Baker was drawn to the stock market. But he didn't stay there very long. Nor, as we see, did he go on to write portly financio-sexual thrillers about junk-bond dealing and highroller love affairs. His background forms the kind of directionless hotch-potch which, in retrospect, seems to have been exactly what was needed: quietly classy university (Haverford), musical training (bassoon), Wall Street (research reports), writing workshop (Berkeley), then temping, then technical writing (network-management software manuals). His spell as a stockbroker came about halfway through: a fortnight of dramatic but salutary disintegration. 'It's called "smile and dial". You call up complete strangers and try to be their investment analyst. The first day I was
very
intrusive. The second day I was increasingly damaged and tentative. The third was marked by hysteria and weeping. After two weeks I was engulfed by psychosomatic illness. Then I decided to be a writer.'

There now follows a digression or a 'clog' in which I shall pounce on the fact that Baker, at university and on Wall Street, flirted with philosophy.

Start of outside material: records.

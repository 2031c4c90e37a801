-- ===== src/Cli.antt =====
-- src/cli_args.c and include/cli_args.h: the startup arguments.
pub mod Numbers
pub mod Rounds
pub mod Checked
use vless_core_cli.Prelude.{
  ℕ, zero, suc, ◌+◌, ◌-◌, ◌*◌, ◌/◌, ◌%◌, ◌^◌, ◌≤◌, ◌<◌, min, max, Bool, true, false, ◌&&◌, ◌||◌,
  not, List, [], ◌∷◌, ◌++◌, Option, none, some, ltb, leb, ◌==◌, if◌then◌else◌, get_elem?, get_or,
  set, take, drop, length, Bytes, size_max, add_size, sub_size, ◌≡◌, refl, sym, ap, ap₂, ◌∙◌, ◌≢◌,
  ◌↔◌, ◌⊎◌, inl, inr, arith, Bool-cases, Option-cases, append-nil, append_assoc, length-append,
  length-take, length-drop, bit, word16, word24, word32, map, take-append-drop, take_front,
  drop_front, long_enough, choose_left, choose_right, codes, same_bytes, contains, choose,
  choose_by, choose_option, option_by,
}

-- The options by their numbers in the source.
abbrev pub uri_id : ℕ
uri_id = 0

abbrev pub uri_fd_id : ℕ
uri_fd_id = 1

abbrev pub connection_fd_id : ℕ
connection_fd_id = 2

abbrev pub listen_id : ℕ
listen_id = 3

abbrev pub route_port_id : ℕ
route_port_id = 4

abbrev pub timeout_id : ℕ
timeout_id = 5

abbrev pub routing_id : ℕ
routing_id = 6

abbrev pub route_socket_id : ℕ
route_socket_id = 7

abbrev pub ips_id : ℕ
ips_id = 8

abbrev pub download_ips_id : ℕ
download_ips_id = 9

abbrev pub xray_version_id : ℕ
xray_version_id = 10

abbrev pub help_id : ℕ
help_id = 11

abbrev pub version_id : ℕ
version_id = 12

abbrev pub patch_id : ℕ
patch_id = 13

abbrev pub inspect_id : ℕ
inspect_id = 14

-- `option_t`
pub record Row : Type 0 where
  pub name : Bytes
  pub id : ℕ
  pub has_value : Bool
  pub minimum : ℕ
  pub maximum : ℕ

abbrev row : Bytes → ℕ → Bool → ℕ → ℕ → Row
row name id has_value minimum maximum = record {
  name = name;
  id = id;
  has_value = has_value;
  minimum = minimum;
  maximum = maximum;
}

-- `options`
unfoldable pub options : List Row
options =
    row (codes "--uri") uri_id true 0 0
    ∷ row (codes "--uri-fd") uri_fd_id true 0 2147483647
    ∷ row (codes "--connection-fd") connection_fd_id true 0 2147483647
    ∷ row (codes "--listen-port") listen_id true 1 65535
    ∷ row (codes "--route-control-port") route_port_id true 0 65535
    ∷ row (codes "--connect-timeout-ms") timeout_id true 1 300000
    ∷ row (codes "--routing") routing_id true 0 0
    ∷ row (codes "--route-control-socket") route_socket_id true 0 0
    ∷ row (codes "--server-ips") ips_id true 0 0
    ∷ row (codes "--xray-version") xray_version_id true 0 0
    ∷ row (codes "--download-server-ips") download_ips_id true 0 0
    ∷ row (codes "--inspect-config") inspect_id false 0 0
    ∷ row (codes "--help") help_id false 0 0
    ∷ row (codes "-h") help_id false 0 0
    ∷ row (codes "--version") version_id false 0 0
    ∷ row (codes "-v") version_id false 0 0
    ∷ row (codes "--openssl-patch-status") patch_id false 0 0
    ∷ []

abbrev pub find_row : Bytes → List Row → Option Row
find_row text [] = none
find_row text (r ∷ rs) =
    let rest = find_row text rs in if same_bytes text r.name then some r else rest

-- `lookup`; none is a null pointer.
unfoldable pub lookup_option : Option Bytes → Option Row
unfolding options
lookup_option none = none
lookup_option (some text) = find_row text options

-- What the loop of `number` refuses: no digit, or one that makes the number too large.
unfoldable pub refuses_digit : ℕ → ℕ → ℕ → Bool
refuses_digit maximum value c =
    not (leb 48 c && leb c 57)
    || ltb (maximum / 10) value
    || value == maximum / 10 && ltb (maximum % 10) (c - 48)

-- The loop of `number`.
unfoldable pub number_loop : ℕ → ℕ → Bytes → Option ℕ
unfolding refuses_digit
number_loop maximum value [] = some value
number_loop maximum value (c ∷ cs) =
    let rest = number_loop maximum ((value * 10 + (c - 48)) % 2 ^ 32) cs in
    if refuses_digit maximum value c then none else rest

-- `number`
unfoldable pub number : Bytes → ℕ → ℕ → Option ℕ
unfolding number_loop
number [] minimum maximum = none
number (c ∷ cs) minimum maximum = elim (number_loop maximum 0 (c ∷ cs)) [
  | none ↦ none
  | some value ↦ if ltb value minimum then none else some value
]

-- `core_cli_args_t`: the sources and the actions are numbered as in include/cli_args.h, and `source_fd` is
-- none for -1.
pub record Args : Type 0 where
  pub uri : Option Bytes
  pub routing : Option Bytes
  pub route_socket : Option Bytes
  pub server_ips : Option Bytes
  pub download_server_ips : Option Bytes
  pub xray_version : Option Bytes
  pub source : ℕ
  pub source_fd : Option ℕ
  pub listen_port : ℕ
  pub route_port : ℕ
  pub connect_timeout : ℕ
  pub action : ℕ

abbrev pub no_args : Args
no_args = record {
  uri = none;
  routing = none;
  route_socket = none;
  server_ips = none;
  download_server_ips = none;
  xray_version = none;
  source = 0;
  source_fd = none;
  listen_port = 0;
  route_port = 0;
  connect_timeout = 30000;
  action = 0;
}

-- The errors, most with the name of an option.
pub data Problem : Type 0 where
  unknown_argument : Problem
  duplicate : Bytes → Problem
  conflicting_actions : Bytes → Problem
  missing_value : Bytes → Problem
  invalid_timeout : Bytes → Problem
  invalid_parameter : Bytes → Problem
  conflicting_sources : Bytes → Problem
  conflicting_ips : Bytes → Problem
  inspection_only : Problem
  missing_source : Problem
  missing_port : Problem

-- What the loop keeps; `seen` has the numbers whose bits are set.
pub record Parse : Type 0 where
  pub args : Args
  pub seen : List ℕ

abbrev pub saw : ℕ → Parse → Bool
saw id p = contains id p.seen

-- A round of the loop.
pub data Round : Type 0 where
  rejected : Problem → Round
  parsed : Parse → List (Option Bytes) → Round

abbrev pub mark : ℕ → Args → Parse → Parse
mark id args p = record { args = args; seen = id ∷ p.seen }

abbrev pub action_of : ℕ → ℕ
action_of id =
    if id == help_id then 1 else if id == version_id then 2 else if id == inspect_id then 4 else 3

-- An option without a value.
unfoldable pub action_round : Row → Parse → List (Option Bytes) → Round
action_round r p rest =
    let args = p.args in
    if r.id == inspect_id && saw inspect_id p
    then rejected (duplicate r.name)
    else if r.id == inspect_id && not (args.action == 0) || args.action == 4
    then rejected (conflicting_actions r.name)
    else parsed
        (mark r.id
          (record args { action = if args.action == 0 then action_of r.id else args.action }) p)
        rest

-- One of the three sources of the URI.
unfoldable pub source_round : Row → Bytes → ℕ → Parse → List (Option Bytes) → Round
source_round r value number p rest =
    let args = p.args in
    let sourced = record args { source = r.id + 1 } in
    if not (args.source == 0)
    then rejected (conflicting_sources r.name)
    else if r.id == connection_fd_id && saw ips_id p
    then rejected (conflicting_ips r.name)
    else parsed
        (mark r.id
          (if r.id == uri_id
            then record sourced { uri = some value }
            else record sourced { source_fd = some number })
          p)
        rest

-- The `switch` over the other options.
unfoldable pub store : ℕ → Bytes → ℕ → Args → Args
store id value number args =
    if id == listen_id
    then record args { listen_port = number }
    else if id == route_port_id
    then record args { route_port = number }
    else if id == timeout_id
    then record args { connect_timeout = number }
    else if id == routing_id
    then record args { routing = some value }
    else if id == route_socket_id
    then record args { route_socket = some value }
    else if id == ips_id
    then record args { server_ips = some value }
    else if id == xray_version_id
    then record args { xray_version = some value }
    else if id == download_ips_id
    then record args { download_server_ips = some value }
    else args

unfoldable pub value_round : Row → Bytes → ℕ → Parse → List (Option Bytes) → Round
unfolding source_round store
value_round r value number p rest =
    if leb r.id connection_fd_id
    then source_round r value number p rest
    else if r.id == ips_id && p.args.source == 3
    then rejected (conflicting_ips r.name)
    else parsed (mark r.id (store r.id value number p.args) p) rest

-- The number of an option that has one; 0 for the others.
unfoldable pub option_number : Row → Bytes → Option ℕ
unfolding number
option_number r value = if r.maximum == 0 then some 0 else number value r.minimum r.maximum

-- An option with its value.
unfoldable pub given_round : Row → Parse → Option Bytes → List (Option Bytes) → Round
unfolding lookup_option option_number value_round
given_round r p none rest = rejected (missing_value r.name)
given_round r p (some value) rest = elim (lookup_option (some value)) [
  | some s ↦ rejected (missing_value r.name)
  | none ↦ elim (option_number r value) [
    | none ↦
        rejected (if r.id == timeout_id then invalid_timeout r.name else invalid_parameter r.name)
    | some parsed_number ↦ value_round r value parsed_number p rest
  ]
]

unfoldable pub option_round : Row → Parse → List (Option Bytes) → Round
unfolding given_round
option_round r p [] = rejected (if saw r.id p then duplicate r.name else missing_value r.name)
option_round r p (value ∷ rest) =
    if saw r.id p then rejected (duplicate r.name) else given_round r p value rest

unfoldable pub argument_round : Parse → Option Bytes → List (Option Bytes) → Round
unfolding lookup_option action_round option_round
argument_round p argument rest = elim (lookup_option argument) [
  | none ↦ rejected unknown_argument
  | some r ↦ if r.has_value then option_round r p rest else action_round r p rest
]

-- How parsing ends; `unfinished` is a loop with more rounds than its fuel.
pub data Answer : Type 0 where
  unfinished : Answer
  refused : Problem → Answer
  accepted : Args → Answer

abbrev allowed_with_inspect : List ℕ → Bool
allowed_with_inspect [] = true
allowed_with_inspect (id ∷ ids) = (id == uri_fd_id || id == inspect_id) && allowed_with_inspect ids

-- The checks behind the loop.
unfoldable pub check_args : Parse → Answer
check_args p =
    let args = p.args in
    if args.action == 4
    then if not (args.source == 2) || not (allowed_with_inspect p.seen)
      then refused inspection_only
      else accepted args
    else if args.action == 0 && args.source == 0
    then refused missing_source
    else if args.action == 0 && args.listen_port == 0
    then refused missing_port
    else accepted args

unfoldable pub parse_loop : ℕ → Parse → List (Option Bytes) → Answer
unfolding argument_round check_args
parse_loop n p [] = check_args p
parse_loop zero p (a ∷ rest) = unfinished
parse_loop (suc n) p (a ∷ rest) = elim (argument_round p a rest) [
  | rejected problem ↦ refused problem
  | parsed q more ↦ parse_loop n q more
]

-- `core_cli_args_parse`, on the arguments behind the name of the program.
unfoldable pub parse : List (Option Bytes) → Answer
unfolding parse_loop
parse arguments = parse_loop (length arguments) (record { args = no_args; seen = [] }) arguments

abbrev zeros : Bytes → Bytes
zeros text = map (λ c. 0) text

abbrev is_uri : Option Bytes → Bool
is_uri none = false
is_uri (some text) = same_bytes text (codes "--uri")

-- An argument behind `--uri`: what is not an option is erased.
unfoldable pub erased : Option Bytes → Option Bytes
unfolding lookup_option
erased none = none
erased (some text) = elim (lookup_option (some text)) [
  | none ↦ some (zeros text)
  | some r ↦ some text
]

abbrev scrub_from : Bool → List (Option Bytes) → List (Option Bytes)
scrub_from uri_before [] = []
scrub_from uri_before (a ∷ rest) =
    let argument = if uri_before then erased a else a in
    argument ∷ scrub_from (is_uri argument) rest

-- `core_cli_args_scrub`, on the arguments behind the name of the program.
unfoldable pub scrub : List (Option Bytes) → List (Option Bytes)
unfolding erased
scrub arguments = scrub_from false arguments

Philosophers are said to be condemned to one of two strange relationships with the world of objects: either indifference or near-crippling obsession. Twenty years ago I drove the late A.J. Ayer to White Hart Lane, to support Tottenham Hotspur. On the way Ayer smoked three cigarettes. For his first butt he disdained, or did not see, the obvious - and butt-infested - ashtray, favouring the naked tape-deck with the fiery remains of his Player. (The tape-recorder itself had been stolen, true, but the empty console had the word PHILIPS clearly stamped on it.) His second butt he squeezed into the base of the handbrake, his third he ground out on the speedometer. The high point came with his third spent match, which, with incredible skill, he balanced on the bare ignition key, where it wobbled for at least three seconds before dropping inexorably to the floor.

When I recall this now I imagine the bespectacled Nicholson Baker, at fifteen, doubled up on the Mini's back seat, already as tall as Ayer and me put together, staring in anguish at these forgetful violences, and fully immersed in the car's flange housings, its quarter-window release nodules, its galvannealed dash frame flute slopings . . .

Baker is the poet of all the things we call thingies and thingamajigs, all the things we don't know the name for: nubs and tines, spigots and sprockets, roller-cookers and tone-arms and pull-tabs and slosh-caps. The French call it
choseistne —
but Baker is very far from the po-faced stocktaking of, say, a J.M.G. le Clézio. The 'corporate setting' of
The Mezzanine
gives way, in
Room Temperature
(oh, the soaring dullness of that title!), to the domestic landscape and the sacraments of marriage and parenthood, in a prose full of cadences and free of false quantities, beneath which the engine-room of English Literature confidently thrums. Baker's perceptual style is both gleefully perverse and wantonly sunny: throughout his corpus there is barely an ordinary sentence or an ungenerous thought.